Segment Open

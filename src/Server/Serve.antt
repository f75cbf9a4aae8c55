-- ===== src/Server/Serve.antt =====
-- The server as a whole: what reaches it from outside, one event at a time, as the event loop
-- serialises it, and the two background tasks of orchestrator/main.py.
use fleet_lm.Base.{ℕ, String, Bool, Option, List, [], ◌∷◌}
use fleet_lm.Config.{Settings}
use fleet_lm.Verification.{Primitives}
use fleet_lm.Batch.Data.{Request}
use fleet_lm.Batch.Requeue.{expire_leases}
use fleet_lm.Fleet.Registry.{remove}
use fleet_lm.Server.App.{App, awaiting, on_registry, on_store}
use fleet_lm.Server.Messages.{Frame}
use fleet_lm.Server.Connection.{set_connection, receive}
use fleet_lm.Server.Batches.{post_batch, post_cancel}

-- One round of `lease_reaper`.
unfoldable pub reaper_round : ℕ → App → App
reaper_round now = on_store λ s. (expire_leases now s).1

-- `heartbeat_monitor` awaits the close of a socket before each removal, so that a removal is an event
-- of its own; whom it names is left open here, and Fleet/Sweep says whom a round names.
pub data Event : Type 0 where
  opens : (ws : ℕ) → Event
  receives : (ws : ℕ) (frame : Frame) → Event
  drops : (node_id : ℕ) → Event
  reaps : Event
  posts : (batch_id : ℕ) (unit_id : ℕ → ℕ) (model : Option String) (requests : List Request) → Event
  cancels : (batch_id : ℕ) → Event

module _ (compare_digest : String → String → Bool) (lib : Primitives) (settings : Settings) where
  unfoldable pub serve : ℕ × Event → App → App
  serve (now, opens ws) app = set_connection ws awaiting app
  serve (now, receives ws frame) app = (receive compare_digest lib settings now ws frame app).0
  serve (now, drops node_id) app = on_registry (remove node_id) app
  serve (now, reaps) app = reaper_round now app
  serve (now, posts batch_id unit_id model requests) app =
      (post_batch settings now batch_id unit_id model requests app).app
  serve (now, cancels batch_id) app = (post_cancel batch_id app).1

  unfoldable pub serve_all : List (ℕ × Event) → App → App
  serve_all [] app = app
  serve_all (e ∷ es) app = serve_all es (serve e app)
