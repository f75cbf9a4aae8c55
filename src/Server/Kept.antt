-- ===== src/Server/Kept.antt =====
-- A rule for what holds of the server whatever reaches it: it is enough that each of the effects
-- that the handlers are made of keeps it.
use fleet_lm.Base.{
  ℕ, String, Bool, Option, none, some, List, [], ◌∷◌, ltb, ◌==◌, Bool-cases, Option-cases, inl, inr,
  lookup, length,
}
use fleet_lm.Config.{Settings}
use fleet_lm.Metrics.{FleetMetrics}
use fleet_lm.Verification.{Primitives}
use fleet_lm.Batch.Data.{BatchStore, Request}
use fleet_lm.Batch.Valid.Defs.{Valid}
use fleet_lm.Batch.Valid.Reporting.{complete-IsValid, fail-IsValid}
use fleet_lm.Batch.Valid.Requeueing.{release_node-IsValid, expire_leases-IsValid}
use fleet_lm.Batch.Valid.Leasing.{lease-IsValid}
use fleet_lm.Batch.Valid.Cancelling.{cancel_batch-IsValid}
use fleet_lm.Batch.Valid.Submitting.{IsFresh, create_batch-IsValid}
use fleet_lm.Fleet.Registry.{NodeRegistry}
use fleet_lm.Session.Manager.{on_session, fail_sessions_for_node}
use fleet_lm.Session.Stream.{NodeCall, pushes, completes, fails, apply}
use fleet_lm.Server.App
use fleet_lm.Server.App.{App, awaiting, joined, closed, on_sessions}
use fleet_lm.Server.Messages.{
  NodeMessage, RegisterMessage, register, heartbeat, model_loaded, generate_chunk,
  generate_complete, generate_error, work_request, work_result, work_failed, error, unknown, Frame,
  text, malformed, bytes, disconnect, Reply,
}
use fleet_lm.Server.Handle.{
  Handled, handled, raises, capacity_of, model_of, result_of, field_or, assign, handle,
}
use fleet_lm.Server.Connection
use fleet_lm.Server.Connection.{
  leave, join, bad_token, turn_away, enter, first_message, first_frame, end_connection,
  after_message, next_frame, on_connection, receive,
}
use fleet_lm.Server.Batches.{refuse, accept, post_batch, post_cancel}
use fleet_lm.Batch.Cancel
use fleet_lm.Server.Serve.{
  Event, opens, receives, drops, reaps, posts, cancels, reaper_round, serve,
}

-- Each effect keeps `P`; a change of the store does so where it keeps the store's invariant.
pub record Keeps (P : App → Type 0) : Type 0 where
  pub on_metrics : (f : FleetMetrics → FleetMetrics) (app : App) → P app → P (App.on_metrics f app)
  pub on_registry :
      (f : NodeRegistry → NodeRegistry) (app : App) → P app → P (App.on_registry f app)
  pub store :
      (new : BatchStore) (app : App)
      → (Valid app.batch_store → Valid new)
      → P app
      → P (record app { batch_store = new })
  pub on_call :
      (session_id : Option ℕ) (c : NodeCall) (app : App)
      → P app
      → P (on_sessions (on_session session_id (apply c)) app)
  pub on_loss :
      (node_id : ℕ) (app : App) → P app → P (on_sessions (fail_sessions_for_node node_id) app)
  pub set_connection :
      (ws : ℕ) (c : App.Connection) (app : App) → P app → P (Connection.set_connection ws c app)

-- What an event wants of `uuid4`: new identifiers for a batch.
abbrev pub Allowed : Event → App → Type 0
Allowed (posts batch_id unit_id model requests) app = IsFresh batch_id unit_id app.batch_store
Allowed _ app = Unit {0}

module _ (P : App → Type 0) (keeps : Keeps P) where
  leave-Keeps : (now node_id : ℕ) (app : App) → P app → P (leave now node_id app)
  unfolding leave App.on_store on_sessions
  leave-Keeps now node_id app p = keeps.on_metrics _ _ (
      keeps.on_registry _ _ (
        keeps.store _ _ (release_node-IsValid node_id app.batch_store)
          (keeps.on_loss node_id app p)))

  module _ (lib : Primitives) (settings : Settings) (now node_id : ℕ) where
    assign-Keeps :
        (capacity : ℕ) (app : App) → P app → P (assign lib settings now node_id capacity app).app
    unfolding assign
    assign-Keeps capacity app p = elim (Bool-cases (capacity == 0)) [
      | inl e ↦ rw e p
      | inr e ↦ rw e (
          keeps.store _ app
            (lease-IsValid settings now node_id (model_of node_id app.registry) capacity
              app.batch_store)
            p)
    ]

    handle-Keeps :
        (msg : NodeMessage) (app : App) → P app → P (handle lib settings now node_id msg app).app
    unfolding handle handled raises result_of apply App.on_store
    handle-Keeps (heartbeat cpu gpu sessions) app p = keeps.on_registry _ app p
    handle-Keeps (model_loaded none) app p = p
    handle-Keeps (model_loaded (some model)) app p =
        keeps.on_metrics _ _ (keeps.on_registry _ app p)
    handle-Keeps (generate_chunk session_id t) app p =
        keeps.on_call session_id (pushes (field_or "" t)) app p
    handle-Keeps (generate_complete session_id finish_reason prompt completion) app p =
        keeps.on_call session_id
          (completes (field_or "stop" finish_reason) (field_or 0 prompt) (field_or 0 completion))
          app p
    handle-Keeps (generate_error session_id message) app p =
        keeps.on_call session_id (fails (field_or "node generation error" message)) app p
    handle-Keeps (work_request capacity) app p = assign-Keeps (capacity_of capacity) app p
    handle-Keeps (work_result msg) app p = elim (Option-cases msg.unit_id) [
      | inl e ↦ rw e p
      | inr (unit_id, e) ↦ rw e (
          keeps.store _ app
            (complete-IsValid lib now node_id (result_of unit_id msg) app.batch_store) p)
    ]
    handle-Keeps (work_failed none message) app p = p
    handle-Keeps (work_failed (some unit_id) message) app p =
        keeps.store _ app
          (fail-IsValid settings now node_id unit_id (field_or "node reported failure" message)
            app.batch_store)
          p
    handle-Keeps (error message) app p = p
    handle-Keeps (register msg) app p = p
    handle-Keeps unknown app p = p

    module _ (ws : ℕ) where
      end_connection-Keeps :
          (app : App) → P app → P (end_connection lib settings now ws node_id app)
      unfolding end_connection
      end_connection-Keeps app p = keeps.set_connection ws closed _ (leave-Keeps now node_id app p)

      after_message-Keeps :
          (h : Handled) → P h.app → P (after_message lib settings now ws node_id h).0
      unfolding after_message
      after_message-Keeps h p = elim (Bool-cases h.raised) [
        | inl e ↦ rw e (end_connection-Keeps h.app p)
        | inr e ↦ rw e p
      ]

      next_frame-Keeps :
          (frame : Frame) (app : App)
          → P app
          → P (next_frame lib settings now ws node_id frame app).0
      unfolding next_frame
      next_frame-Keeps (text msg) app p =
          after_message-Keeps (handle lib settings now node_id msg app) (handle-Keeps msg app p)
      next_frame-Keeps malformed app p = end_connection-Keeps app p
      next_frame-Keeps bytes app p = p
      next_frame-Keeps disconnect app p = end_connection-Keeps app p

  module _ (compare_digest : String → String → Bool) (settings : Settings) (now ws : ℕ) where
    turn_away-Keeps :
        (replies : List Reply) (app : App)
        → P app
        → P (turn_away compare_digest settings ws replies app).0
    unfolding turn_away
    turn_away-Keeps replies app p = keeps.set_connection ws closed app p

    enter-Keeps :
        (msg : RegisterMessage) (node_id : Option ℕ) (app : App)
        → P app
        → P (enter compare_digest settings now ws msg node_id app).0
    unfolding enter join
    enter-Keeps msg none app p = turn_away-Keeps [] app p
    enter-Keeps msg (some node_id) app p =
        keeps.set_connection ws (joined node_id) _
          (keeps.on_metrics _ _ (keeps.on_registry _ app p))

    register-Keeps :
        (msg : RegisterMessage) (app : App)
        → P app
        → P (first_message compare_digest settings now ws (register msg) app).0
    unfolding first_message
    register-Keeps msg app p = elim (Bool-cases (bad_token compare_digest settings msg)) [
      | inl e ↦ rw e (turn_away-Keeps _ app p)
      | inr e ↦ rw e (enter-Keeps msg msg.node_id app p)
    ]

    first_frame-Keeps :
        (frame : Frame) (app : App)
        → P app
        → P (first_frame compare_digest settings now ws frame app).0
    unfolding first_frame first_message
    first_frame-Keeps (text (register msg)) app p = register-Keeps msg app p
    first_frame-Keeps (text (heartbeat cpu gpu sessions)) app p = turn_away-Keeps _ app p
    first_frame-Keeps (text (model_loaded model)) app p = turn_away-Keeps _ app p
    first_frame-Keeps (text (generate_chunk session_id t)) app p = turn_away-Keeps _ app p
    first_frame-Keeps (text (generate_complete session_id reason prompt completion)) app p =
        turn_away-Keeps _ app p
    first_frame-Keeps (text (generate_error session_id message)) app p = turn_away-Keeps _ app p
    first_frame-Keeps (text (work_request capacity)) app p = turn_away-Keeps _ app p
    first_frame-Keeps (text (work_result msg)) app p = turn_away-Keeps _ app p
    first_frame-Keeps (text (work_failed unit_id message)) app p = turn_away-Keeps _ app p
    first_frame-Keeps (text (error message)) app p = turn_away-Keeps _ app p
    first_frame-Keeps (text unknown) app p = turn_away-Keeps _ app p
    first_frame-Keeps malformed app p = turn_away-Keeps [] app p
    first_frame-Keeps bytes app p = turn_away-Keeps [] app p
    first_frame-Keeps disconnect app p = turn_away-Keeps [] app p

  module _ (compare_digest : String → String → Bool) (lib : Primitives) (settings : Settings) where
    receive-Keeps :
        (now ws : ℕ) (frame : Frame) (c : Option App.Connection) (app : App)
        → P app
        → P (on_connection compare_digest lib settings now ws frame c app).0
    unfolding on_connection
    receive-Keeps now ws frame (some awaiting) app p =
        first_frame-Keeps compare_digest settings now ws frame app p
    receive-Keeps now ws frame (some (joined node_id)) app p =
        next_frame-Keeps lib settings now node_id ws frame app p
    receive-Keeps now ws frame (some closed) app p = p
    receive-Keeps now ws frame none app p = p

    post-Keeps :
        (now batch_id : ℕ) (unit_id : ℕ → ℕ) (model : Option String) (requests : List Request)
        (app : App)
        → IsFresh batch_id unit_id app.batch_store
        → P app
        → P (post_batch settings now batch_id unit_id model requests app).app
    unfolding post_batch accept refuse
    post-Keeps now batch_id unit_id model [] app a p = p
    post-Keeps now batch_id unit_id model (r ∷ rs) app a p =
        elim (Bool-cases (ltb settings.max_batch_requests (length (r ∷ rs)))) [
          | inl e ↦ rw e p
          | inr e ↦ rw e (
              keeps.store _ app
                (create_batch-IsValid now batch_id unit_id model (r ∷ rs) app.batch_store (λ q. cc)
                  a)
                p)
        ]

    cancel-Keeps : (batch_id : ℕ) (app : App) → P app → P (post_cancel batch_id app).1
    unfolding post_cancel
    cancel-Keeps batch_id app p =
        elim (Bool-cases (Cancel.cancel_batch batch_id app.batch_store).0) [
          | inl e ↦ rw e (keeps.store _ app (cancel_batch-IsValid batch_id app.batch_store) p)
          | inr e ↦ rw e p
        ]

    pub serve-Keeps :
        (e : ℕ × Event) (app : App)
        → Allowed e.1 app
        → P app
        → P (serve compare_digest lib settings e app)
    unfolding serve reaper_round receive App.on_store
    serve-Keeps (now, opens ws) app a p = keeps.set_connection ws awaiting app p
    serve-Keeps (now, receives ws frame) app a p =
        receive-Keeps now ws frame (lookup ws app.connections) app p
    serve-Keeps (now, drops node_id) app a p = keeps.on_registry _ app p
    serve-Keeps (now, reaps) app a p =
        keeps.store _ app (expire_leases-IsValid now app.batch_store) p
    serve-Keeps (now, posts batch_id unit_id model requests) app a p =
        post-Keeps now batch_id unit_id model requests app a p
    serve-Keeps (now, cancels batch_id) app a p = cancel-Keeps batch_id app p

Segment Closed

For each line above that holds the string "List", provide a copy of that line.

use fleet_lm.Base.{ℕ, String, Bool, Option, List, [], ◌∷◌}
  posts : (batch_id : ℕ) (unit_id : ℕ → ℕ) (model : Option String) (requests : List Request) → Event
  unfoldable pub serve_all : List (ℕ × Event) → App → App
  ℕ, String, Bool, Option, none, some, List, [], ◌∷◌, ltb, ◌==◌, Bool-cases, Option-cases, inl, inr,
        (replies : List Reply) (app : App)
        (now batch_id : ℕ) (unit_id : ℕ → ℕ) (model : Option String) (requests : List Request)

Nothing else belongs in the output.